学生時代
化学の中でも私が専門としていたのは「有機合成」という分野で、主に触媒の化学反応に関する研究を行っていました。そしてその最終目標として、医薬や農薬の中間体を効率よく製造するにはどのような化学反応が適切なのかということを探っていました。
就活時代
勉強したことが生かせる化学系メーカーの研究開発職を志望し、最終的には当社を含めた2社から内定を得ました。日本ピグメントを選んだのは、生活を彩る多様な“色”を創造する企業であること、また、先端分野の研究を行っていることが決め手となりました。
現在
液晶ディスプレイ用のカラーフィルタに用いるレジストインキの原料である「液体顔料分散体」の設計開発を手掛けています。
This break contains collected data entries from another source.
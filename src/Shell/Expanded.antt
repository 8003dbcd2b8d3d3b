-- ===== src/Shell/Expanded.antt =====
-- `shell_expand` stays inside its buffer and ends.
use emos.Base.{
  ℕ, zero, suc, ◌-◌, ◌≤◌, ◌<◌, ◌≡◌, refl, Bool, true, false, List, [], ◌∷◌, Option, some, ◌==◌, ltb,
  arith, length, if◌then◌else◌, ◌||◌, ◌&&◌,
}
use emos.Strto.{front, behind}
use emos.Ctype.{isalnum}
use emos.Ctype.Classes.{classify-ascii, is_alnum}
use emos.Shell.Expand.{
  ShellVar, Expansion, push, push_all, char_of, name_step, read_name, Loop, on_name, expand_loop,
  shell_expand,
}

-- Every byte is below 128.
pub data IsAscii : List ℕ → Type 0 where
  nil : IsAscii []
  cons : (c : ℕ) (cs : List ℕ) → c < 128 → IsAscii cs → IsAscii (c ∷ cs)

-- An expansion that returned, inside a buffer of this size; a failure has filled it.
pub data Returned : (buflen : ℕ) → Expansion → Type 0 where
  success :
      (buflen : ℕ) (bytes : List ℕ) → length bytes ≤ buflen → Returned buflen (Expansion.done bytes)
  failure :
      (buflen : ℕ) (bytes : List ℕ)
      → length bytes ≡ buflen
      → Returned buflen (Expansion.too_small bytes)

push-Returned :
    (buflen c : ℕ) (e : Expansion) → Returned (buflen - 1) e → Returned buflen (push buflen c e)
push-Returned zero c e h = Returned.failure 0 [] refl
push-Returned (suc n) c (Expansion.done bytes) (Returned.success b' bytes' l) =
    Returned.success (suc n) (c ∷ bytes) (omega arith)
push-Returned (suc n) c (Expansion.too_small bytes) (Returned.failure b' bytes' l) =
    Returned.failure (suc n) (c ∷ bytes) (omega arith)
push-Returned (suc n) c Expansion.outside h = elim h [ ]
push-Returned (suc n) c Expansion.still h = elim h [ ]

push_all-Returned :
    (value : List ℕ) (buflen : ℕ) (after : ℕ → Expansion)
    → ((b : ℕ) → Returned b (after b))
    → Returned buflen (push_all value buflen after)
push_all-Returned [] buflen after h = h buflen
push_all-Returned (c ∷ cs) buflen after h =
    push-Returned buflen c _ (push_all-Returned cs (buflen - 1) after h)

-- A name that was read, and a line behind it that is no longer.
abbrev IsRead : (line : List ℕ) → Option (List ℕ × List ℕ) → Type 0
IsRead line r =
    (name : List ℕ) × (rest : List ℕ) × (r ≡ some (name, rest))
    × IsAscii rest
    × (length rest ≤ length line)

name_step-IsRead :
    (b : Bool) (room c : ℕ) (cs : List ℕ) (more : Option (List ℕ × List ℕ))
    → c < 128
    → IsAscii cs
    → IsRead cs more
    → IsRead (c ∷ cs) (name_step (some b) room c cs more)
name_step-IsRead false room c cs more l h k = ([], c ∷ cs, refl, IsAscii.cons c cs l h, omega arith)
name_step-IsRead true zero c cs more l h k = ([], c ∷ cs, refl, IsAscii.cons c cs l h, omega arith)
name_step-IsRead true (suc n) c cs more l h (name, rest, e, a, le) =
    (c ∷ name, rest, rw e refl, a, omega arith)

isalnum-char_of : (c : ℕ) → c < 128 → isalnum (char_of c) ≡ some (is_alnum c)
isalnum-char_of c l = let below : ltb c 128 ≡ true = ground arith in rw below (classify-ascii c l).4

read_name-IsRead : (room : ℕ) (line : List ℕ) → IsAscii line → IsRead line (read_name room line)
unfolding read_name
read_name-IsRead room [] h = ([], [], refl, IsAscii.nil, omega arith)
read_name-IsRead room (c ∷ cs) (IsAscii.cons c' cs' l h) =
    rw (isalnum-char_of c l) (
      name_step-IsRead (is_alnum c || c == b'_') room c cs _ l h (read_name-IsRead (room - 1) cs h))

-- Whatever the rest of the loop makes of a shorter line.
on_name-Returned :
    (vars : List ShellVar) (more : Loop) (line : List ℕ) (r : Option (List ℕ × List ℕ)) (buflen : ℕ)
    → IsRead line r
    → ((rest : List ℕ)
        → IsAscii rest
        → length rest ≤ length line
        → (b : ℕ) → Returned b (more rest b))
    → Returned buflen (on_name vars more r buflen)
unfolding on_name
on_name-Returned vars more line r buflen (name, rest, e, a, le) h =
    rw e (push_all-Returned _ buflen (more rest) (h rest a le))

if-Returned :
    (buflen : ℕ) (b : Bool) (x y : Expansion)
    → Returned buflen x
    → Returned buflen y
    → Returned buflen (if b then x else y)
if-Returned buflen true x y h k = h
if-Returned buflen false x y h k = k

behind-IsAscii : (cs : List ℕ) → IsAscii cs → IsAscii (behind cs) × (length (behind cs) ≤ length cs)
behind-IsAscii [] h = (h, omega arith)
behind-IsAscii (c ∷ cs) (IsAscii.cons c' cs' l h) = (h, omega arith)

expand_loop-Returned :
    (rounds : ℕ) (vars : List ShellVar) (line : List ℕ) (buflen : ℕ)
    → IsAscii line
    → length line < rounds
    → Returned buflen (expand_loop rounds vars line buflen)
unfolding expand_loop
expand_loop-Returned zero vars line buflen h l = absurd (omega arith)
expand_loop-Returned (suc n) vars [] buflen h l = Returned.success buflen [] (omega arith)
expand_loop-Returned (suc n) vars (c ∷ cs) buflen (IsAscii.cons c' cs' k h) l =
    let (ascii, shorter) = behind-IsAscii cs h in
    if-Returned buflen (c == b'\\' && front cs == b'$') _ _
      (push-Returned buflen b'$' _ (expand_loop-Returned n vars (behind cs) _ ascii (omega arith)))
      (if-Returned buflen (c == b'$') _ _
        (on_name-Returned vars (expand_loop n vars) cs _ buflen (read_name-IsRead 63 cs h)
          (λ rest a le b. expand_loop-Returned n vars rest b a (omega arith)))
        (push-Returned buflen c _ (expand_loop-Returned n vars cs _ h (omega arith))))

-- On a line of bytes below 128, with more rounds than it has bytes, shell_expand returns, whatever
-- the variables: it succeeds with bytes that fit the buffer, or it fails and the buffer is full.
pub shell_expand-Returned :
    (rounds : ℕ) (vars : List ShellVar) (line : List ℕ) (buflen : ℕ)
    → IsAscii line
    → length line < rounds
    → Returned buflen (shell_expand rounds vars line buflen)
unfolding shell_expand
shell_expand-Returned rounds vars line buflen h l = expand_loop-Returned rounds vars line buflen h l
お客様の用途に合わせて一つひとつカスタマイズするとともに、ラボから製造ラインへのスケールアップなどにも取り組んでいます。
日本ピグメントは、樹脂コンパウンドやマスターバッチといった合成樹脂加工、合成樹脂用着色剤の製造を得意分野としています。近年、これら主力製品以外のジャンルでも存在感を発揮しており、中でもテレビやスマートフォン、パソコンなどに用いられる液晶画面の“色”を表現するのに欠かせないカラーフィルタの製造に使われるレジストインキ用原料の「液体顔料分散体」は、着実にシェアを伸ばしつつあります。
私は入社以来、レジストインキ製造メーカーをお客様とするこの顔料分散体の研究開発に取り組んできました。
お客様の要望に合わせて、私たち開発者は顔料分散体を一つひとつカスタマイズし、お客様が求める仕様で設計するという仕事に携わっています。
設計開発検討は小さなラボ設備で行いますが、工場での量産段階でもラボスケールと同じ品質が再現できるように緻密に調整することが開発者の重要な役割となります。顔料分散体づくりの上流から下流まで深くかかわるだけに、勉強しなくてはならない事柄は多々あります。難しい仕事ではありますが、総合的な視点からものづくりにかかわることができるのは、一人の研究開発者としてやりがいにあふれていると感じています。
私が初めてお客様を担当し、顔料分散体の設計をするようになったのは2年目の秋のこと。実は初案件では、途中で不具合が見つかってしまうという苦い経験をしました。製造現場から不具合の一報を聞いたときは焦りましたが、愕然としているだけでは何も問題を解決しません。先輩の協力を得ながら検証・分析を経て、なんとかリカバーできたときは安堵感を得ると同時に一人の開発者として自信をつけることもできました。
以降は担当案件数も増え、海外メーカーなども任せてもらえるようになっていきました。液晶分野は開発競争が激しく、特に世界のトップ争いをしている海外メーカーは、矢継ぎ早に新しい技術を世に送り出しています。当社に対しても、お客様から迅速な納品やハイレベルな品質保証を要求されることがよくあります。
そんなとき、一人の力ではなかなか解決できない問題も、部署のメンバーで知恵を出し合うことで、乗り越えていくことができるのです。みんなで力を合わせてお客様に満足していただける結果を導き出せたときの充実感は、非常に大きいですね。
顔料分散体や液晶という分野は非常に奥が深くて、常に新しい知識や情報に敏感でなければなりません。だからこそ、日ごろから国内外の技術情報にアンテナを張ったり、社外のセミナーなどに参加して、自分の視野を広げていこうと努力しています。目指すところは、手ごわいライバルが存在する色材において、当社が勝てるような技術を実現すること。そのためには、私自身がいっそう成長をすることが何よりの近道です。これからも弛まぬ自己研鑽をし続けていこうと思っています。
一口に化学メーカーといってもその強みは多種多様。自分の研究領域ばかりにこだわるのでなく視野を広げて、
新たな可能性を探ってみてください!
※このインタビューは、2017年2月時点の取材内容に基づきます。